# New member



## mainairmark (Jan 31, 2018)

Hi everyone,
I'm new to this forum. I have 2 x 16 year old 225 TT Mk1's. One has 70,000 miles on it and 5 owners. It is mint inside and mechanically sound with about 8 out of 10 for the body work.
Ive just bought a brand new TT Mk1 225. It has never been driven in the rain, although it has 5000 miles on the clock it is in pristine showroom condition. The problem is I don't want to drive it in the rain now. Are there many around in this condition or is this one of the best examples around?

Cheers Mark


----------



## YELLOW_TT (Feb 25, 2004)

Welcome  that's a question only you can answer if it was mine I'd keep it for Sunday best


----------



## Hoggy (May 8, 2002)

Hi Mark, 5000 miles  if genuine that must be a record, I thought mine was low at 17 years & 19,000 miles.
Mine never goes out on wet roads if I can help it, so no need for that one to get wet.
How much did you have to pay for that?
We must see some pics or it doesn't exist :lol: :lol: :wink: 
Hoggy.


----------



## mainairmark (Jan 31, 2018)

It had a new cam belt and water pump fitted by Audi last week, and I'm going to take it to my local Dealer this week to see if I can get the coil pack upgrade, as the only problem is the odd misfire when it is idling. I am paranoid about parking it, so will use my silver one for the drive to work for a week or so till I calm down a bit. I will post some pics tomorrow.


----------



## Hoggy (May 8, 2002)

Hi Mark, Had mine 17 years & still paranoid about parking, in fact I don't use her unless I know I can park safely.  I know, but that's why she is still immaculate. 
What* colour* is it ?  
Hoggy.


----------



## mainairmark (Jan 31, 2018)

Hi Hoggy

The colour is Raven Black Pearl Effect. It is blemish free. Is there a meeting place or show around the North West soon, I'd like people to see it, I really think it is a one off as it is bog Standard and brand new. The only problem now is the fuel gauge showing empty even though its full. It just happened yesterday 

Cheers Mark


----------



## mainairmark (Jan 31, 2018)

Hoggy

Would you recommend getting a stage 1 tune on my new one?

Cheers Mark


----------



## Hoggy (May 8, 2002)

Hi Mark, If the fuel range (miles left in tank) shows the same but incorrect reading as the gauge it's the level sensors in the tank, otherwise it's a faulty dashpod.
I wouldn't bother with a remap, keep it standard.
Hoggy.


----------



## YELLOW_TT (Feb 25, 2004)

mainairmark said:


> Hoggy
> 
> Would you recommend getting a stage 1 tune on my new one?
> 
> Cheers Mark


I would defo recommend a remap the difference is night and day if you get the APR map with the OEM cruise control (very easily retrofitted) you can easily revert to the standard map and also has an anti theft setting


----------



## mainairmark (Jan 31, 2018)

Well thats made my mind up, NOT. If I did get a re map it won't be yet, so at least I can think about it and ask around.

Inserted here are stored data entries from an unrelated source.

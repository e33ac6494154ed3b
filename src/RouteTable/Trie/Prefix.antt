-- ===== src/RouteTable/Trie/Prefix.antt =====
-- Prefixes of a path, and what makes a value the deepest one on it.
use pingora_reverse_proxy.Prelude.{
  ◌≡◌, refl, ◌∙◌, Bool, true, false, ◌&&◌, Option, none, some, List, [], ◌∷◌, ◌<◌, ◌≤◌, length,
  Text, text_eq, text_eq_iff, text_eq_refl, arith, Option-cases, inl, inr,
}
use pingora_reverse_proxy.RouteTable.Trie.Deepest.{deepest}

abbrev pub is_prefix : List Text → List Text → Bool
is_prefix [] path = true
is_prefix (s ∷ p) [] = false
is_prefix (s ∷ p) (t ∷ path) = text_eq s t && is_prefix p path

pub is_prefix_refl : (p : List Text) → is_prefix p p ≡ true
is_prefix_refl [] = refl
is_prefix_refl (s ∷ p) = ground (arith, text_eq_refl s, is_prefix_refl p)

pub length-le_of_is_prefix : (p q : List Text) → is_prefix p q ≡ true → length p ≤ length q
length-le_of_is_prefix [] q h = omega arith
length-le_of_is_prefix (s ∷ p) [] h = cc
length-le_of_is_prefix (s ∷ p) (t ∷ q) h = ground (arith, length-le_of_is_prefix p q)

module _ {V : Type 0} where
  pub record IsDeepest (at : List Text → Option V) (path p : List Text) (v : V) : Type 0 where
    pub prefix : is_prefix p path ≡ true
    pub value : at p ≡ some v
    pub deeper : (q : List Text) → is_prefix q path ≡ true → length p < length q → at q ≡ none

  pub deepest-eq-none :
      (at : List Text → Option V) (path q : List Text)
      → deepest at path ≡ none
      → is_prefix q path ≡ true
      → at q ≡ none
  unfolding deepest
  deepest-eq-none at [] [] e h = e
  deepest-eq-none at [] (t ∷ q) e h = cc
  deepest-eq-none at (s ∷ path) [] e h = ground arith
  deepest-eq-none at (s ∷ path) (t ∷ q) e h =
      ground (arith, text_eq_iff t s, deepest-eq-none (λ r. at (s ∷ r)) path q)

  pub deepest-IsDeepest :
      (at : List Text → Option V) (path : List Text) (v : V)
      → deepest at path ≡ some v
      → (p : List Text) × IsDeepest at path p v
  unfolding deepest
  deepest-IsDeepest at [] v e = ([], record { prefix = refl; value = e; deeper = λ q. too_deep q })
    where
      too_deep : (q : List Text) → is_prefix q [] ≡ true → 0 < length q → at q ≡ none
      too_deep [] h l = absurd (omega arith)
      too_deep (t ∷ q) h l = cc
  deepest-IsDeepest at (s ∷ path) v e = elim (Option-cases (deepest (λ r. at (s ∷ r)) path)) [
    | inr (w, below) ↦
        let (p, i) = deepest-IsDeepest (λ r. at (s ∷ r)) path w below in
        (
          s ∷ p,
          record {
            prefix = ground (arith, text_eq_refl s, i.prefix);
            value = i.value ∙ ground arith;
            deeper = λ q. deeper_than p q i.deeper;
          },
        )
    | inl below ↦ ([], record { prefix = refl; value = ground arith; deeper = λ q. beside q below })
  ]
    where
      deeper_than :
          (p q : List Text)
          → ((r : List Text) → is_prefix r path ≡ true → length p < length r → at (s ∷ r) ≡ none)
          → is_prefix q (s ∷ path) ≡ true
          → length (s ∷ p) < length q
          → at q ≡ none
      deeper_than p [] d h l = absurd (omega arith)
      deeper_than p (t ∷ q) d h l = ground (arith, text_eq_iff t s, d q)

      beside :
          (q : List Text)
          → deepest (λ r. at (s ∷ r)) path ≡ none
          → is_prefix q (s ∷ path) ≡ true
          → 0 < length q
          → at q ≡ none
      beside [] b h l = absurd (omega arith)
      beside (t ∷ q) b h l =
          ground (arith, text_eq_iff t s, deepest-eq-none (λ r. at (s ∷ r)) path q b)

I also wanted to have my wheels powder coated Satin Black, but everyone I've told has said leave them Silver.

After readings your posts it seem you both know what you are talking about.

Are there any meeting places in the north west this weekend? I know it will be on here some where.


----------



## Hoggy (May 8, 2002)

Hi Mark, What wheels are they, 9 spoke RSTTs/RS4 ? I'd keep them silver.
As you appear to be in an area where you have a choice of good Indies, a remap will make a big difference & could even be more economic.
I am 100s of miles away from any decent Indies, so prefer to keep it standard, in case of any probs.
Hoggy.


----------



## Andy3.2 (Sep 11, 2019)

Hi everyone, just bought my first TT, I've lusted after one for years but with wife and child in tow it never happened Now I have 'lost' the wife I've managed to pick up a 2003 3.2 with 110k miles for £950! Yes it has a misfire, which I've discovered is coils. Pretty full service history and in lovely condition and standard. Is it worth changing the coil pack as a set or individually? your thoughts and expertise would be appreciated. Regards Andy


----------



## Hoggy (May 8, 2002)

Hi Andy, welcome to the TTF& MK 1TT ownership. At 110k miles I would replace all the coils.
Hoggy


----------



## YELLOW_TT (Feb 25, 2004)

Hoggy said:


> Hi Andy, welcome to the TTF& MK 1TT ownership. At 110k miles I would replace all the coils.
> Hoggy


Check with Audi dealer first there is a free recall to have the coils changed if they are still the original ones 
I would brow the sump and check the oil pick up as they can block and starve the engine of oil dropping the oil pressure righting off the engine


----------